BEGIN Provided material

-- ===== src/BootChecks/Rows.antt =====
-- The reads of lib/bootChecks.js: the active key and the index of the member.
use wax_rng_oracle.Prelude.{
  ℕ, String, Bool, true, false, not, Option, none, some, leb, ◌==◌, text_eq,
}

-- The first row of a read: the read failed, there is none, or there is one.
pub data Row {ℓ} (R : Type ℓ) : Type ℓ where
  unreachable no_row : Row R
  row : R → Row R

-- Rows of `config.a`, `pubkeys` and `oracles.a`. A number is the field as `Number` reads it, `none` if
-- that is no natural number; a modulus or an exponent is `none` if it is no string.
pub record ConfigRow : Type 0 where
  pub name : String
  pub value : Option ℕ

pub record KeyRow : Type 0 where
  pub ver : Option ℕ
  pub retired : Bool
  pub modulus : Option String
  pub exponent : Option String

pub record OracleRow : Type 0 where
  pub oracle : String
  pub oracle_index : Option ℕ

-- `getSingleRow` of the three tables, by the key.
pub record Rpc : Type 0 where
  pub config_row : String → Row ConfigRow
  pub key_row : ℕ → Row KeyRow
  pub oracle_row : String → Row OracleRow

pub record PublicKey : Type 0 where
  pub ver : ℕ
  pub modulus : String
  pub exponent : String

-- The codes of a `BootCheckError`.
pub data Code : Type 0 where
  active_version_missing active_version_invalid active_key_missing active_key_retired : Code
  active_key_malformed oracle_not_registered oracle_index_malformed : Code

-- Which errors are made with `retryable: true`.
unfoldable pub retryable : Code → Bool
retryable active_version_missing = true
retryable active_version_invalid = false
retryable active_key_missing = true
retryable active_key_retired = false
retryable active_key_malformed = false
retryable oracle_not_registered = true
retryable oracle_index_malformed = false

pub data Lost : Type 0 where
  rpc_error : Lost
  boot : Code → Lost

pub data Fetched {ℓ} (A : Type ℓ) : Type ℓ where
  got : A → Fetched A
  lost : Lost → Fetched A

-- A guard that throws a `BootCheckError`.
abbrev pub require {ℓ} : {A : Type ℓ} → Bool → Code → Fetched A → Fetched A
require true c f = f
require false c f = lost (boot c)

abbrev pub is_number : ℕ → Option ℕ → Bool
is_number n none = false
is_number n (some m) = m == n

abbrev pub key_values : ℕ → Option String → Option String → Fetched PublicKey
key_values ver (some n) (some e) = got (record { ver = ver; modulus = n; exponent = e })
key_values ver _ _ = lost (boot active_key_malformed)

abbrev pub key_of_row : ℕ → Row KeyRow → Fetched PublicKey
key_of_row ver unreachable = lost rpc_error
key_of_row ver no_row = lost (boot active_key_missing)
key_of_row ver (row r) =
    require (is_number ver r.ver) active_key_missing
      (require (not r.retired) active_key_retired (key_values ver r.modulus r.exponent))

abbrev pub key_of_version : Rpc → Option ℕ → Fetched PublicKey
key_of_version rpc none = lost (boot active_version_invalid)
key_of_version rpc (some ver) =
    require (leb 1 ver) active_version_invalid (key_of_row ver (rpc.key_row ver))

abbrev pub key_of_config : Rpc → String → Row ConfigRow → Fetched PublicKey
key_of_config rpc key unreachable = lost rpc_error
key_of_config rpc key no_row = lost (boot active_version_missing)
key_of_config rpc key (row r) =
    require (text_eq r.name key) active_version_missing (key_of_version rpc r.value)

-- With the text of `nameToUint64('activever')`.
unfoldable pub fetch_active_public_key : Rpc → String → Fetched PublicKey
fetch_active_public_key rpc key = key_of_config rpc key (rpc.config_row key)

abbrev pub index_value : Option ℕ → Fetched ℕ
index_value none = lost (boot oracle_index_malformed)
index_value (some i) = require (leb 1 i) oracle_index_malformed (got i)

abbrev pub index_of_row : String → Row OracleRow → Fetched ℕ
index_of_row owner unreachable = lost rpc_error
index_of_row owner no_row = lost (boot oracle_not_registered)
index_of_row owner (row r) =
    require (text_eq r.oracle owner) oracle_not_registered (index_value r.oracle_index)

unfoldable pub fetch_oracle_index : Rpc → String → Fetched ℕ
fetch_oracle_index rpc owner = index_of_row owner (rpc.oracle_row owner)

END Provided material

Exercise requirements: Reproduce each entry precisely, so that nothing differs from the original.

Output:
-- ===== src/BootChecks/Rows.antt =====
-- The reads of lib/bootChecks.js: the active key and the index of the member.
use wax_rng_oracle.Prelude.{
  ℕ, String, Bool, true, false, not, Option, none, some, leb, ◌==◌, text_eq,
}

-- The first row of a read: the read failed, there is none, or there is one.
pub data Row {ℓ} (R : Type ℓ) : Type ℓ where
  unreachable no_row : Row R
  row : R → Row R

-- Rows of `config.a`, `pubkeys` and `oracles.a`. A number is the field as `Number` reads it, `none` if
-- that is no natural number; a modulus or an exponent is `none` if it is no string.
pub record ConfigRow : Type 0 where
  pub name : String
  pub value : Option ℕ

pub record KeyRow : Type 0 where
  pub ver : Option ℕ
  pub retired : Bool
  pub modulus : Option String
  pub exponent : Option String

pub record OracleRow : Type 0 where
  pub oracle : String
  pub oracle_index : Option ℕ

-- `getSingleRow` of the three tables, by the key.
pub record Rpc : Type 0 where
  pub config_row : String → Row ConfigRow
  pub key_row : ℕ → Row KeyRow
  pub oracle_row : String → Row OracleRow

pub record PublicKey : Type 0 where
  pub ver : ℕ
  pub modulus : String
  pub exponent : String

-- The codes of a `BootCheckError`.
pub data Code : Type 0 where
  active_version_missing active_version_invalid active_key_missing active_key_retired : Code
  active_key_malformed oracle_not_registered oracle_index_malformed : Code

-- Which errors are made with `retryable: true`.
unfoldable pub retryable : Code → Bool
retryable active_version_missing = true
retryable active_version_invalid = false
retryable active_key_missing = true
retryable active_key_retired = false
retryable active_key_malformed = false
retryable oracle_not_registered = true
retryable oracle_index_malformed = false

pub data Lost : Type 0 where
  rpc_error : Lost
  boot : Code → Lost

pub data Fetched {ℓ} (A : Type ℓ) : Type ℓ where
  got : A → Fetched A
  lost : Lost → Fetched A

-- A guard that throws a `BootCheckError`.
abbrev pub require {ℓ} : {A : Type ℓ} → Bool → Code → Fetched A → Fetched A
require true c f = f
require false c f = lost (boot c)

abbrev pub is_number : ℕ → Option ℕ → Bool
is_number n none = false
is_number n (some m) = m == n

abbrev pub key_values : ℕ → Option String → Option String → Fetched PublicKey
key_values ver (some n) (some e) = got (record { ver = ver; modulus = n; exponent = e })
key_values ver _ _ = lost (boot active_key_malformed)

abbrev pub key_of_row : ℕ → Row KeyRow → Fetched PublicKey
key_of_row ver unreachable = lost rpc_error
key_of_row ver no_row = lost (boot active_key_missing)
key_of_row ver (row r) =
    require (is_number ver r.ver) active_key_missing
      (require (not r.retired) active_key_retired (key_values ver r.modulus r.exponent))

abbrev pub key_of_version : Rpc → Option ℕ → Fetched PublicKey
key_of_version rpc none = lost (boot active_version_invalid)
key_of_version rpc (some ver) =
    require (leb 1 ver) active_version_invalid (key_of_row ver (rpc.key_row ver))

abbrev pub key_of_config : Rpc → String → Row ConfigRow → Fetched PublicKey
key_of_config rpc key unreachable = lost rpc_error
key_of_config rpc key no_row = lost (boot active_version_missing)
key_of_config rpc key (row r) =
    require (text_eq r.name key) active_version_missing (key_of_version rpc r.value)

-- With the text of `nameToUint64('activever')`.
unfoldable pub fetch_active_public_key : Rpc → String → Fetched PublicKey
fetch_active_public_key rpc key = key_of_config rpc key (rpc.config_row key)

abbrev pub index_value : Option ℕ → Fetched ℕ
index_value none = lost (boot oracle_index_malformed)
index_value (some i) = require (leb 1 i) oracle_index_malformed (got i)

abbrev pub index_of_row : String → Row OracleRow → Fetched ℕ
index_of_row owner unreachable = lost rpc_error
index_of_row owner no_row = lost (boot oracle_not_registered)
index_of_row owner (row r) =
    require (text_eq r.oracle owner) oracle_not_registered (index_value r.oracle_index)

unfoldable pub fetch_oracle_index : Rpc → String → Fetched ℕ
fetch_oracle_index rpc owner = index_of_row owner (rpc.oracle_row owner)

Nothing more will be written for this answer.